C’est la troisième fois consécutive que l’Allemagne ne parvient pas à se hisser parmi les seize meilleures formations du tournoi. Et pour la première fois, elle a perdu lors d’une séance de tirs au but en Coupe du monde, elle qui était réputée infaillible dans cet exercice. Les visages des journalistes allemands en tribune de presse en disaient long sur la portée du désastre.
« C’est l’un des pires jours pour le football allemand »
Un confrère allemand, livide, nous a confié en zone mixte : « C’est l’un des pires jours pour le football allemand » avant de s’éclipser tandis que les supporters paraguayens exultaient. Joshua Kimmich, le capitaine, la mâchoire serrée, s’est présenté devant les micros pour tenter d’expliquer l’inexplicable.
« C’est terrible, a-t-il déclaré. Quand j’étais enfant, je regardais l’équipe nationale, qui était présente en demi-finale, en finale de Coupe du monde. Il y a toujours eu de grands succès qui m’ont influencé. Et c’est une joie qu’on veut donner aux enfants et aux gens restés chez eux. On n’a pas réussi. »
Kimmich lui-même a incarné les lacunes de la Mannschaft. Habituel milieu de terrain au Bayern Munich, il a été aligné dans un rôle hybride, ni défenseur central, ni arrière droit, ni milieu récupérateur, ce qui a perturbé toute l’équipe, notamment le couloir droit où Leroy Sané, à un niveau inquiétant, s’est retrouvé isolé.
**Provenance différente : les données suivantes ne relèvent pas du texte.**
-- ===== src/HealthCache/Examples.antt =====
-- Records at concrete values, and the theorems at such values.
use router_extra.Prelude.{
  get, keys, Distinct, ◌+◌, String, ◌≡◌, ◌≢◌, ◌⊎◌, inr, refl, true, false, none, some, List, [],
  ◌∷◌, arith, contains, here, there,
}
use router_extra.Health.{
  Availability, live, dead, connect_timeout, Evidence, free, paid, live_confidence,
  likely_temporary, zero_counters,
}
use router_extra.HealthCache.{
  HealthRecord, HealthCache, at, no_stamp, no_delta, record_evidence, next_record, override_of,
  streak_of,
}
use router_extra.HealthCache.Policy.{prune_stale_records}
use router_extra.HealthCache.Recording.{Scan, record_all}
use router_extra.HealthCache.Pruning.{pruned_unprotected}
use router_extra.HealthCache.Saving.{
  writing, Store, Records, capture, replace, mark, mark_durable, Step, saves, records_and_saves,
  locks, replaces, marks, Reach, stay, next, loaded,
}
use router_extra.HealthCache.Locking.{locks_deadlock}
use router_extra.HealthCache.Durability.{Serial, begin, extend, durable_in_file, overtaken_save}

abbrev answer : Availability → Evidence
answer a = record {
  availability = a;
  cost = free;
  confidence = likely_temporary;
  status_code = 200;
  error_code = "";
  counters = zero_counters;
}

abbrev old_record : HealthRecord
old_record = record {
  availability = live;
  cost = free;
  confidence = live_confidence;
  cost_override = none;
  latency_ms = 300;
  status_code = 200;
  last_tested_at = at 100;
  last_success_at = at 100;
  success_streak = 4;
  counters = zero_counters;
  previous_availability = none;
  delta = no_delta;
}

abbrev stored : Records
stored =
    ("oc/free", old_record)
    ∷ ("wb/hy3", record old_record { cost_override = some paid })
    ∷ ("zz/gone", record old_record { last_tested_at = no_stamp; last_success_at = no_stamp })
    ∷ []

abbrev cache : HealthCache
cache = record { records = stored; record_generation = 3; durable_generation = 3 }

abbrev scan : Availability → Scan
scan a = record { id = "oc/free"; evidence = answer a; latency = 400; time = 900 }

streak_test :
    streak_of
      (get "oc/free" (record_all (scan live ∷ scan live ∷ scan connect_timeout ∷ []) cache).records)
    ≡ 2
unfolding record_all record_evidence next_record get
streak_test = refl

stored-Distinct : Distinct (keys stored)
unfolding keys contains
stored-Distinct = (refl, (refl, (refl, tt)))

pruned_unprotected_example :
    let (d, n) = prune_stale_records ("oc/free" ∷ []) [] 604800 20000 1000 cache in
    (get "zz/gone" d.records ≡ get "zz/gone" stored)
    ⊎ ((◌≢◌ {A = List String} ("oc/free" ∷ []) [])
        × (contains "zz/gone" ("oc/free" ∷ []) ≡ false)
        × (contains "zz/gone" [] ≡ false)
        × (override_of (get "zz/gone" stored) ≡ none)
        × (get "zz/gone" d.records ≡ none))
pruned_unprotected_example =
    pruned_unprotected ("oc/free" ∷ []) [] 604800 20000 1000 cache "zz/gone" stored-Distinct

abbrev ageless : HealthRecord
ageless = record old_record { last_tested_at = no_stamp; last_success_at = no_stamp }

pruned_test : (prune_stale_records ("oc/free" ∷ []) [] 604800 20000 1000 cache).1 ≡ 1
unfolding prune_stale_records
pruned_test = refl

-- A scan's save and a recording with `auto_save` that wait for each other.
abbrev plain_locked : Store
plain_locked = record (loaded stored) { savers = writing false stored 0 ∷ [] }

abbrev recorded : Store
recorded = record (replace false stored 0 [] plain_locked) {
  cache = record_evidence "oc/free" (answer live) 400 900 (loaded stored).cache;
}

recorded-Reach : Reach (loaded stored) (capture true recorded)
unfolding loaded capture replace
recorded-Reach =
    next
      (next
        (next (next stay (saves (loaded stored) refl))
          (locks false stored 0 [] (capture false (loaded stored)) here refl))
        (replaces false stored 0 [] plain_locked here))
      (records_and_saves "oc/free" (answer live) 400 900 (replace false stored 0 [] plain_locked)
        refl)

locks_deadlock_example : ¬ Step (capture true recorded) (capture false (capture true recorded))
unfolding loaded capture replace
locks_deadlock_example = locks_deadlock stored recorded-Reach (there here) here

abbrev saved : Store
saved = mark 0 [] (replace false stored 0 [] plain_locked)

saved-Serial : Serial (loaded stored) saved
unfolding loaded capture replace mark mark_durable
saved-Serial =
    extend
      (extend
        (extend (extend begin (saves (loaded stored) refl) (omega arith))
          (locks false stored 0 [] (capture false (loaded stored)) here refl) (omega arith))
        (replaces false stored 0 [] plain_locked here) (omega arith))
      (marks false 0 [] (replace false stored 0 [] plain_locked) here (inr refl)) (omega arith)

durable_in_file_example :
    (saved.cache.record_generation ≡ 0) ⊎ (saved.file ≡ some saved.cache.records)
unfolding loaded replace mark mark_durable
durable_in_file_example = durable_in_file stored saved-Serial refl refl

overtaken_save_example :
    (t : Store) × Reach (record { cache = cache; file = some stored; savers = [] }) t
    × (t.savers ≡ [])
    × (t.cache.records ≡ (record_evidence "oc/free" (answer dead) 400 900 cache).records)
    × (t.cache.durable_generation ≡ t.cache.record_generation)
    × (t.cache.record_generation ≡ 3 + 1)
    × (t.file ≡ some stored)
overtaken_save_example =
    overtaken_save cache (some stored) "oc/free" (answer dead) 400 900 (omega arith)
Des choix tactiques incompréhensibles
Face au bloc compact paraguayen, les Allemands ont été totalement inefficaces. Aucune occasion en première période, un but de la tête de Havertz après la pause, quelques longs ballons et centres dans la surface, et puis plus grand-chose. Le gardien sud-américain Orlando Gill n’a pas eu énormément de travail. Les changements opérés par Julian Nagelsmann n’ont pas changé la donne.
Le sélectionneur allemand, souvent qualifié de prodige à ses débuts avec Hoffenheim, est désormais la cible de vives critiques. On lui reproche non seulement le résultat mais aussi des choix inexplicables : faire entrer Goretzka à la mi-temps, Woltemade en fin de match, et surtout la sélection de joueurs comme Jonathan Tah, Leroy Sané ou Manuel Neuer.
Manuel Neuer, un pari risqué
Neuer, retraité international, avait fait son retour en sélection sur décision de Nagelsmann, malgré ses 40 ans, une saison difficile avec le Bayern et la bonne tenue d’Oliver Baumann dans les buts. Un journaliste nous avait confié avant le match : « Neuer était déjà de l’échec en 2018 et 2022. C’est une grosse erreur de l’avoir pris. » Visionnaire, même si Neuer a réalisé un match correct avec deux belles parades et un arrêt sur le cinquième tir au but paraguayen.
Nagelsmann menacé ?
Au-delà de Neuer, c’est la figure de Nagelsmann qui est contestée. Interrogé sur son avenir après l’humiliation, il a répondu : « Je ne suis pas du genre à fuir. Si la Fédération veut que je continue, je continuerai. Sinon, elle peut me le dire. Je sais comment le football fonctionne. » Il a eu un échange tendu avec une journaliste allemande après le match.
Kimmich a défendu son entraîneur : « Nous, les joueurs sur le terrain, nous avons commis des erreurs et nous en assumons la responsabilité. Ce n’était pas l’entraîneur, ce n’était pas les médias, ce n’était pas l’arbitre, ce n’était pas l’adversaire. C’était nous. » Une déclaration qui n’efface pas la déception immense d’une nation qui voit son équipe nationale sombrer un peu plus à chaque Mondial.